### Try it
Retype, without any change, the first line of the records and every line after it through the one containing "drop-length : (n".

### Data records
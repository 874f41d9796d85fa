-- ===== src/Marshal/Reads/Columns.antt =====
-- lib/sql/marshal.cpp: what `deserializeRow` reads of one column that `serializeRow` wrote.
use relvec_db.Common.{
  ℕ, zero, suc, ◌+◌, ◌-◌, ◌*◌, ◌/◌, ◌%◌, ◌^◌, ◌<◌, ◌≤◌, ◌≡◌, ◌≢◌, refl, ap, sym, ◌∙◌, inl, inr,
  true, false, List, [], ◌∷◌, ◌++◌, All, arith, length, leb, ltb, drop, replicate, ◌==◌,
  if◌then◌else◌, length-append, length-replicate, Bool-cases, Bool, drop-append,
}
use relvec_db.Common.Int.{ℤ}
use relvec_db.Common.Outcome.{ok, ◌>>=◌, >>=-eq-ok}
use relvec_db.Row.{ColumnType, Value, boolean, uint64, int64, string, Row}
use relvec_db.Marshal.{
  serialize_type, deserialize_type, c_string, get_value, get_bool, get_uint64, get_int64,
  get_string,
}
use relvec_db.Marshal.Words.{IsI64, word_bytes, read_word, pattern_of, signed_of}
use relvec_db.Marshal.Columns.{Holds}
use native.Mathlib.Nat.{pow-suc}

read_word_total :
    (k w : ℕ) (rest : List ℕ)
    → (w' : ℕ) × (read_word k (word_bytes k w ++ rest) ≡ ok (w', rest)) × (w' < 256 ^ k)
unfolding word_bytes read_word
read_word_total zero w rest = (0, refl, omega arith)
read_word_total (suc k) w rest =
    let (w', e, l) = read_word_total k (w / 256) rest in
    (w % 256 + 256 * w', rw e refl, omega (arith, l, pow-suc 256 k))

signed_of-IsI64 : (w : ℕ) → w < 2 ^ 64 → IsI64 (signed_of w)
unfolding signed_of
signed_of-IsI64 w h = elim (Bool-cases (ltb w (2 ^ 63))) [
  | inl small ↦ rw small (ground (arith, small))
  | inr large ↦ rw large (ground (arith, large, h))
]

length-c_string : (n : ℕ) (bytes : List ℕ) → length (c_string n bytes) ≤ n
unfolding c_string
length-c_string zero bytes = omega arith
length-c_string (suc n) [] = omega arith
length-c_string (suc n) (b ∷ bytes) = elim (Bool-cases (b == 0)) [
  | inl e ↦ rw e (omega arith)
  | inr e ↦ rw e (omega (arith, length-c_string n bytes))
]

c_string-positive : (n : ℕ) (bytes : List ℕ) → All (λ b. 0 < b) (c_string n bytes)
unfolding c_string
c_string-positive zero bytes = tt
c_string-positive (suc n) [] = tt
c_string-positive (suc n) (b ∷ bytes) = elim (Bool-cases (b == 0)) [
  | inl e ↦ rw e tt
  | inr e ↦ rw e (ground (arith, e), c_string-positive n bytes)
]

drop-length : (n : ℕ) (s rest : List ℕ) → length s ≡ n → drop n (s ++ rest) ≡ rest
drop-length n s rest e = rw (← e) (drop-append s rest)

read_bool :
    (len : ℕ) (b : Bool) (rest : List ℕ)
    → deserialize_type ColumnType.boolean len ((if b then 1 else 0) ∷ rest)
      ≡ ok (boolean b ∷ [], rest)
unfolding deserialize_type read_word
read_bool len true rest = refl
read_bool len false rest = refl

read_uint64 :
    (len n : ℕ) (rest : List ℕ)
    → (w : ℕ) × (deserialize_type ColumnType.uint64 len (word_bytes 8 n ++ rest)
        ≡ ok (uint64 w ∷ [], rest))
      × (w < 2 ^ 64)
unfolding deserialize_type
read_uint64 len n rest =
    let (w, r, l) = read_word_total 8 n rest in
    (w, ap (λ o. o >>= λ x. ok (uint64 x.0 ∷ [], x.1)) r, l)

read_int64 :
    (len n : ℕ) (rest : List ℕ)
    → (z : ℤ) × (deserialize_type ColumnType.int64 len (word_bytes 8 n ++ rest)
        ≡ ok (int64 z ∷ [], rest))
      × IsI64 z
unfolding deserialize_type
read_int64 len n rest =
    let (w, r, l) = read_word_total 8 n rest in
    (signed_of w, ap (λ o. o >>= λ x. ok (int64 (signed_of x.0) ∷ [], x.1)) r, signed_of-IsI64 w l)

read_varchar :
    (len : ℕ) (bytes rest : List ℕ)
    → length bytes ≡ len
    → deserialize_type ColumnType.varchar len (bytes ++ rest)
      ≡ ok (string (c_string len (bytes ++ rest)) ∷ [], rest)
unfolding deserialize_type
read_varchar len bytes rest size =
    let inside : leb len (length (bytes ++ rest)) ≡ true =
      ground (arith, size, length-append bytes rest) in
    rw (inside, drop-length len bytes rest size) refl

-- A column that is written is read as a value that the column holds.
pub read_column :
    (t : ColumnType) (len : ℕ) (row : Row) (i : ℕ) (bytes rest : List ℕ)
    → t ≢ ColumnType.vector
    → t ≢ ColumnType.string
    → serialize_type t len row i ≡ ok bytes
    → (v : Value) × (deserialize_type t len (bytes ++ rest) ≡ ok (v ∷ [], rest)) × Holds t len v
unfolding serialize_type
read_column ColumnType.vector len row i bytes rest nv ns e = absurd (nv refl)
read_column ColumnType.string len row i bytes rest nv ns e = absurd (ns refl)
read_column ColumnType.boolean len row i bytes rest nv ns e =
    let (v, ev, er) = >>=-eq-ok (get_value row i) _ e in
    let (b, eb, ew) = >>=-eq-ok (get_bool v) _ er in
    let same : (if b then 1 else 0) ∷ [] ≡ bytes = cc ew in
    (
      boolean b,
      ap (λ t. deserialize_type ColumnType.boolean len (t ++ rest)) (sym same)
          ∙ read_bool len b rest,
      tt,
    )
read_column ColumnType.uint64 len row i bytes rest nv ns e =
    let (v, ev, er) = >>=-eq-ok (get_value row i) _ e in
    let (n, en, ew) = >>=-eq-ok (get_uint64 v) _ er in
    let same : word_bytes 8 n ≡ bytes = cc ew in
    let (w, r, l) = read_uint64 len n rest in
    (uint64 w, ap (λ t. deserialize_type ColumnType.uint64 len (t ++ rest)) (sym same) ∙ r, l)
read_column ColumnType.int64 len row i bytes rest nv ns e =
    let (v, ev, er) = >>=-eq-ok (get_value row i) _ e in
    let (z, ez, ew) = >>=-eq-ok (get_int64 v) _ er in
    let same : word_bytes 8 (pattern_of z) ≡ bytes = cc ew in
    let (y, r, l) = read_int64 len (pattern_of z) rest in
    (int64 y, ap (λ t. deserialize_type ColumnType.int64 len (t ++ rest)) (sym same) ∙ r, l)
read_column ColumnType.varchar len row i bytes rest nv ns e =
    let (v, ev, er) = >>=-eq-ok (get_value row i) _ e in
    let (s, es, eg) = >>=-eq-ok (get_string v) _ er in
    let fits : length s ≤ len = ground (arith, eg) in
    let same : s ++ replicate (len - length s) 0 ≡ bytes = ground (arith, eg) in
    let size : length bytes ≡ len = omega (
      arith,
      fits,
      ap (λ (t : List ℕ). length t) same,
      length-append s (replicate (len - length s) 0),
      length-replicate {A = ℕ} (len - length s) 0,
    ) in
    (
      string (c_string len (bytes ++ rest)),
      read_varchar len bytes rest size,
      (length-c_string len (bytes ++ rest), c_string-positive len (bytes ++ rest)),
    )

### Result for this task
repository 874f41d9796d85fa
-- ===== src/Marshal/Reads/Columns.antt =====
-- lib/sql/marshal.cpp: what `deserializeRow` reads of one column that `serializeRow` wrote.
use relvec_db.Common.{
  ℕ, zero, suc, ◌+◌, ◌-◌, ◌*◌, ◌/◌, ◌%◌, ◌^◌, ◌<◌, ◌≤◌, ◌≡◌, ◌≢◌, refl, ap, sym, ◌∙◌, inl, inr,
  true, false, List, [], ◌∷◌, ◌++◌, All, arith, length, leb, ltb, drop, replicate, ◌==◌,
  if◌then◌else◌, length-append, length-replicate, Bool-cases, Bool, drop-append,
}
use relvec_db.Common.Int.{ℤ}
use relvec_db.Common.Outcome.{ok, ◌>>=◌, >>=-eq-ok}
use relvec_db.Row.{ColumnType, Value, boolean, uint64, int64, string, Row}
use relvec_db.Marshal.{
  serialize_type, deserialize_type, c_string, get_value, get_bool, get_uint64, get_int64,
  get_string,
}
use relvec_db.Marshal.Words.{IsI64, word_bytes, read_word, pattern_of, signed_of}
use relvec_db.Marshal.Columns.{Holds}
use native.Mathlib.Nat.{pow-suc}

read_word_total :
    (k w : ℕ) (rest : List ℕ)
    → (w' : ℕ) × (read_word k (word_bytes k w ++ rest) ≡ ok (w', rest)) × (w' < 256 ^ k)
unfolding word_bytes read_word
read_word_total zero w rest = (0, refl, omega arith)
read_word_total (suc k) w rest =
    let (w', e, l) = read_word_total k (w / 256) rest in
    (w % 256 + 256 * w', rw e refl, omega (arith, l, pow-suc 256 k))

signed_of-IsI64 : (w : ℕ) → w < 2 ^ 64 → IsI64 (signed_of w)
unfolding signed_of
signed_of-IsI64 w h = elim (Bool-cases (ltb w (2 ^ 63))) [
  | inl small ↦ rw small (ground (arith, small))
  | inr large ↦ rw large (ground (arith, large, h))
]

length-c_string : (n : ℕ) (bytes : List ℕ) → length (c_string n bytes) ≤ n
unfolding c_string
length-c_string zero bytes = omega arith
length-c_string (suc n) [] = omega arith
length-c_string (suc n) (b ∷ bytes) = elim (Bool-cases (b == 0)) [
  | inl e ↦ rw e (omega arith)
  | inr e ↦ rw e (omega (arith, length-c_string n bytes))
]

c_string-positive : (n : ℕ) (bytes : List ℕ) → All (λ b. 0 < b) (c_string n bytes)
unfolding c_string
c_string-positive zero bytes = tt
c_string-positive (suc n) [] = tt
c_string-positive (suc n) (b ∷ bytes) = elim (Bool-cases (b == 0)) [
  | inl e ↦ rw e tt
  | inr e ↦ rw e (ground (arith, e), c_string-positive n bytes)
]

drop-length : (n : ℕ) (s rest : List ℕ) → length s ≡ n → drop n (s ++ rest) ≡ rest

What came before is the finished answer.